Talking about the "things that matter most" on Sept. 17
4:00 - Pope Benedict XVI Arrives in Mainland England
Pope Benedict's much-debated visit in Britain began Thursday, and opened dramatically. The pope, in the words of The Guardian, "launched a blistering attack on ‘atheist extremism' and 'aggressive secularism,'" talking of the "damage that 'the exclusion of God, religion, and virtue from public life' had done in the last century.” We talk about the visit with our British Chaplain, Fr. Pat Egan.
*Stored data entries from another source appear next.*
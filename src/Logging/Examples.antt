-- ===== src/Logging/Examples.antt =====
-- Runs of src/lib/logging.c.
use turris_updater.Base.{◌≡◌, ◌≢◌, refl, true, false, List, [], ◌∷◌, none, some, codes}
use turris_updater.Logging.Levels.{
  ll_disable, ll_warn, ll_info, ll_dbg, ll_unknown, levels, same_nocase, log_level_get,
}
use turris_updater.Logging.Messages.{Log, Place, would_log, log_to, log_internal}
use turris_updater.Logging.Output.{lst_hook, Write, write_all, log_subproc_open, log_subproc_close}
use turris_updater.Logging.Named.{log_level_get-name}
use turris_updater.Logging.Collected.{
  HasWritten, log_internal-would_log, taken, taken_by, log_subproc_close-taken,
}

abbrev start : Log
start = record {
  syslog_level = ll_disable;
  stderr_level = ll_warn;
  syslog_opened = none;
  written = [];
}

abbrev here : Place
here = record { file = codes "util.c"; line = 47; func = codes "readfile" }

log_level_get-name_run :
    ((same_nocase (codes "Info") (levels ll_info).name ≡ true)
      → log_level_get (codes "Info") ≡ ll_info)
    × ((log_level_get (codes "Info") ≡ ll_info)
        → ll_info ≢ ll_unknown
        → same_nocase (codes "Info") (levels ll_info).name ≡ true)
log_level_get-name_run = log_level_get-name (codes "Info") ll_info

log_internal-would_log_run :
    ((would_log ll_warn start ≡ true)
      → HasWritten start (log_internal ll_warn here (codes "no") start))
    × ((would_log ll_warn start ≡ false) → log_internal ll_warn here (codes "no") start ≡ start)
log_internal-would_log_run = log_internal-would_log ll_warn here (codes "no") start

abbrev writes : List Write
writes =
    record { err = false; accepted = 2; bytes = codes "abc" }
    ∷ record { err = true; accepted = 9; bytes = codes "de" }
    ∷ []

log_subproc_close-taken_example :
    let lsp = write_all start writes (log_subproc_open lst_hook here (codes "hook") start).0 in
    (log_subproc_close true lsp ≡ some (taken writes))
    × (log_subproc_close false lsp ≡ none)
    × (lsp.stdout ≡ taken_by false writes)
    × (lsp.stderr ≡ taken_by true writes)
log_subproc_close-taken_example =
    log_subproc_close-taken lst_hook here (codes "hook") start start writes

debug_is_silent : log_internal ll_dbg here (codes "x") start ≡ start
unfolding log_internal log_to
debug_is_silent = refl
4:20 – From Pro-Choice Atheist to Pro-Life Catholic
When she was 26, she had never once believed in God, not even as a child. She was a content atheist and thought it was simply obvious that God did not exist. She thought that religion and reason were incompatible, and was baffled by why anyone would believe in God. After a few years in the Bible Belt, she became vocally anti-Christian. Imagine the surprise to find her today, just a few years later, a practicing Catholic who loves her faith. Jennifer Fulwiler tells her story.
5:00 – Kresta Comments
5:20 - Finance Friday Part 2 of 10
Today we continue our 10-part series intended to fully explore the practical, political, moral and philosophical underpinnings of the financial meltdown of 2008. Our guide will be Dr. Max Torres and each “Financial Friday” we will be using as a base of discussion, one book written on an aspect of the financial crisis. Today, we look at Thomas Woods’ Meltdown: A Free-Market Look at Why the Stock Market Collapsed, the Economy Tanked, and Government Bailouts Will Make Things Worse.
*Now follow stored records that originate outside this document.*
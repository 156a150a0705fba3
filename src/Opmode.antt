-- ===== src/Opmode.antt =====
-- src/lib/opmode.c: the switches that C code and Lua code read and set.
pub mod Modes
pub mod Independent
pub mod Examples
Jennifer Fulwiler -- Ex-Contented Atheist
ReplyDelete"But then I had this sort of moment of truth in college when I realized it's all for nought. ... Honestly, what brought it on was just thinking, and just realizing that we're all just random chemical reactions destined to extinction. And all these things that I think of as love and heroism -- and Bertrand Russell described it as 'all the labors of the ages,' he said -- are just destined to nothing. And it was a despair that's indescribable."
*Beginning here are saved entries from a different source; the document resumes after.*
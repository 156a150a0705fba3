-- ===== src/Opmode/Independent.antt =====
-- src/lib/opmode.c: a switch that Lua sets is read back, and the others stay.
use turris_updater.Base.{
  ℕ, zero, suc, ◌<◌, ◌≡◌, Bool, true, false, List, [], ◌∷◌, some, Bytes, length, get_elem?, set,
  ltb, ◌==◌, if◌then◌else◌, arith,
}
use turris_updater.Opmode.Modes.{
  Modes, LuaCall, returns, raises, dies, Indexed, boolean, opmode, opmode_set, opmode_unset,
  opmode_last, lua_str2opmode, lua_opmode_set, lua_opmode_unset, lua_opmode_index,
}

-- A write, read at any place.
get_elem?-set :
    {A : Type 0} (i j : ℕ) (xs : List A) (v : A)
    → i < length xs
    → get_elem? (set xs i v) j ≡ (if i == j then some v else get_elem? xs j)
get_elem?-set i j [] v h = elim h [ ]
get_elem?-set zero zero (x ∷ xs) v h = ground arith
get_elem?-set zero (suc j) (x ∷ xs) v h = ground arith
get_elem?-set (suc i) zero (x ∷ xs) v h = ground arith
get_elem?-set (suc i) (suc j) (x ∷ xs) v h = ground (arith, get_elem?-set i j xs v)

-- What Lua reads after it has called something that gives new modes.
abbrev pub then_index : (Bytes → Bool) → Bytes → LuaCall Modes → LuaCall Indexed
then_index has_field idx (returns modes) = lua_opmode_index has_field idx modes
then_index has_field idx (raises e) = raises e
then_index has_field idx dies = dies

-- Whether a string is the name of a mode.
abbrev pub is_mode : Bytes → Bool
is_mode s = ltb (lua_str2opmode s) opmode_last

set_then_index :
    (has_field : Bytes → Bool) (m : ℕ) (v : Bool) (t : Bytes) (modes : Modes)
    → length modes ≡ opmode_last
    → ltb m opmode_last ≡ true
    → lua_opmode_index has_field t (set modes m v)
      ≡ (if m == lua_str2opmode t then returns (boolean v) else lua_opmode_index has_field t modes)
unfolding lua_opmode_index opmode
set_then_index has_field m v t modes w k =
    ground (arith, get_elem?-set m (lua_str2opmode t) modes v)

-- For the three modes and the name of one of them: after setting it the name reads as true, after
-- unsetting it as false, and every other name reads as before.
pub lua_opmode_set-index :
    (has_field : Bytes → Bool) (s t : Bytes) (modes : Modes)
    → length modes ≡ opmode_last
    → is_mode s ≡ true
    → (then_index has_field t (lua_opmode_set s modes) ≡ (
        if lua_str2opmode s == lua_str2opmode t
        then returns (boolean true)
        else lua_opmode_index has_field t modes))
      × (then_index has_field t (lua_opmode_unset s modes) ≡ (
          if lua_str2opmode s == lua_str2opmode t
          then returns (boolean false)
          else lua_opmode_index has_field t modes))
unfolding lua_opmode_set lua_opmode_unset opmode_set opmode_unset
lua_opmode_set-index has_field s t modes w k = (
  rw (k, set_then_index has_field (lua_str2opmode s) true t modes w k),
  rw (k, set_then_index has_field (lua_str2opmode s) false t modes w k),
)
"After my initial dark period in college, it was pretty momentary. The only thing was... In general I was happy, I was content, but I couldn't sleep at night. I had insomnia, and I had to be very careful to always read until the last moment before I would fall asleep, or have the TV on. And that was kind of the echoes of that darkness that had once been so clear to me: is that if I were ever alone in a dark room with no distractions, those thoughts would come back -- that it's all for nothing, that we're all just ... everything that I think of as myself, as my accomplishments, it's just ... it's all going to evaporate. So I had pretty bad insomnia for that reason."
Geez, Jennifer. Get over yourself. Do you think you have more to offer than atheists like Richard Feynman and Steven Weinberg, both of whom earned Nobel Prizes in physics? Or Maurice Ravel, my patron composer? They accomplished great things, apparently without a conceit that their work demands everlasting life.
And Al, about all your loves and purposes you want hanging around forever. Do you ever stop to think that some of those loves of yours might end up in Hell?
This is another display of Christian narcissism (yes, there is such a thing), alongside Dave Mangan and his miracle water pump, Joan Wester Anderson and her guardian angels, and Father Calloway's "if I'm only a monkey" obsession.